EXERCISE AIM:
Here is a block of records. Copy every line in it that includes "then".

INPUT DATA:
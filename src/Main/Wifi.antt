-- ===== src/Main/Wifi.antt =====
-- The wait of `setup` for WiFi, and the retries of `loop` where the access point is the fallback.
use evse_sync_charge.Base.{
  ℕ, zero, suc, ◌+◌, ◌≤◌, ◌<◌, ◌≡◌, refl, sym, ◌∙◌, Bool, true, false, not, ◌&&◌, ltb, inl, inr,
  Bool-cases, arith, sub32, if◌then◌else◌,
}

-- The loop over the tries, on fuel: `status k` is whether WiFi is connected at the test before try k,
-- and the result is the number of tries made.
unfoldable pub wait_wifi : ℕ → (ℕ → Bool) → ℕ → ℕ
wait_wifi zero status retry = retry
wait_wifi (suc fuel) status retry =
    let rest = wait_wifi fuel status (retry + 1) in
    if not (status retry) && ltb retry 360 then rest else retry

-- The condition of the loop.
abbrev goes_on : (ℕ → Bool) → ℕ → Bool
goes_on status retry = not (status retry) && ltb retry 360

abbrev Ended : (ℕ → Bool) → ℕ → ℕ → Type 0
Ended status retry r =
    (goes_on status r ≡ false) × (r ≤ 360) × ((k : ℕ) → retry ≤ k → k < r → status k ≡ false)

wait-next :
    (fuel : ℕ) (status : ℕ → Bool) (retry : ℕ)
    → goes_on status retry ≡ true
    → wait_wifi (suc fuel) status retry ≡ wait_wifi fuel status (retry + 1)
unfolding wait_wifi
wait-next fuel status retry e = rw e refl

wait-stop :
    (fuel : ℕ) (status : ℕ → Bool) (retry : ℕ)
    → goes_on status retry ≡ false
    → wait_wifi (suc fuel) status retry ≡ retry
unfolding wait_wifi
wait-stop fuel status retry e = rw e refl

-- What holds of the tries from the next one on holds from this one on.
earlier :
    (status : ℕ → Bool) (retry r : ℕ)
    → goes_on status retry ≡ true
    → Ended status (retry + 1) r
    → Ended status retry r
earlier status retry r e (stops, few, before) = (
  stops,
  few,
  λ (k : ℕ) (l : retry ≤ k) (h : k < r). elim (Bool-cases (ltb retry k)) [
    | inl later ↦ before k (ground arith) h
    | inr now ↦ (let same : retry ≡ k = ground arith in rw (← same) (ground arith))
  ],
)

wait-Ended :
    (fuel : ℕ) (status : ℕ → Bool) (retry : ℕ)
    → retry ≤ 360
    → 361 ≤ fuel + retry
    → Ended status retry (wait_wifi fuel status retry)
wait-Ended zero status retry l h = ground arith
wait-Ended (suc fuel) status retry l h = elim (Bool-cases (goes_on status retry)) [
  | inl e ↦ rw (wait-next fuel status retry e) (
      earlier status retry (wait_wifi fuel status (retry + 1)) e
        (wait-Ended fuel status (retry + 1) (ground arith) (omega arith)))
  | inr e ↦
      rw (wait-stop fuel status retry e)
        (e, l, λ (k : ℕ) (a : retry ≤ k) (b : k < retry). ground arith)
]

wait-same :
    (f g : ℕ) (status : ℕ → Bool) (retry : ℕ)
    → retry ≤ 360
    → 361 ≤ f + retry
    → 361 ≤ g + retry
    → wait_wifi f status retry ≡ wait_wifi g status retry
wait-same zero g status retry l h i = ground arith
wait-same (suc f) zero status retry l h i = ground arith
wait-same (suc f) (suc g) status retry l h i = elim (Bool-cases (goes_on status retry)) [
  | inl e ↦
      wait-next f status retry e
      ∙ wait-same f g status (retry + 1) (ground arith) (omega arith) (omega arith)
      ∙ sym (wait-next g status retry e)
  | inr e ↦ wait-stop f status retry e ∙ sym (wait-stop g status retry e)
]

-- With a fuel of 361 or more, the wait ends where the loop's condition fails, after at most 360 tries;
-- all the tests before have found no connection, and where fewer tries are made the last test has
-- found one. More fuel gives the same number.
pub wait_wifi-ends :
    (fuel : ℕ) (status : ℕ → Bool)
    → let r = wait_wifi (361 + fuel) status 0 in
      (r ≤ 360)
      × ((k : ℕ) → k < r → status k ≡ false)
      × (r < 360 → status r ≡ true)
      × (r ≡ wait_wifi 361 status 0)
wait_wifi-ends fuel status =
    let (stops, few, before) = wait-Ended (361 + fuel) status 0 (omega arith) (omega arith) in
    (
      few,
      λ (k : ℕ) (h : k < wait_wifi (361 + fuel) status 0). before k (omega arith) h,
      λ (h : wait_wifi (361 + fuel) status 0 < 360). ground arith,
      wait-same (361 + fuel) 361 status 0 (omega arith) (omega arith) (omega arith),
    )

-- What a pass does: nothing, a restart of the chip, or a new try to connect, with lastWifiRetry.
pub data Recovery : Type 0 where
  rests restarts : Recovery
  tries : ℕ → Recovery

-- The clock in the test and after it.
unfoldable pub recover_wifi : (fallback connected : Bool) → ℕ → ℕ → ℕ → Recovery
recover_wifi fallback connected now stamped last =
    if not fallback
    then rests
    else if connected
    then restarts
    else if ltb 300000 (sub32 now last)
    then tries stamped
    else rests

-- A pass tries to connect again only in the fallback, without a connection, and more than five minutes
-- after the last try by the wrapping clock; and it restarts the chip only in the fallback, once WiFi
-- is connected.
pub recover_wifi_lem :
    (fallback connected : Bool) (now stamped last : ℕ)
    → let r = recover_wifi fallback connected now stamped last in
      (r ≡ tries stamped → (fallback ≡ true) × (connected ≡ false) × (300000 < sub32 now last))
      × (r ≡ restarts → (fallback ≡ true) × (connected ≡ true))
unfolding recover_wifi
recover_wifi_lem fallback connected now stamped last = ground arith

SOLUTION:
  Bool-cases, arith, sub32, if◌then◌else◌,
    if not (status retry) && ltb retry 360 then rest else retry
    then rests
    then restarts
    then tries stamped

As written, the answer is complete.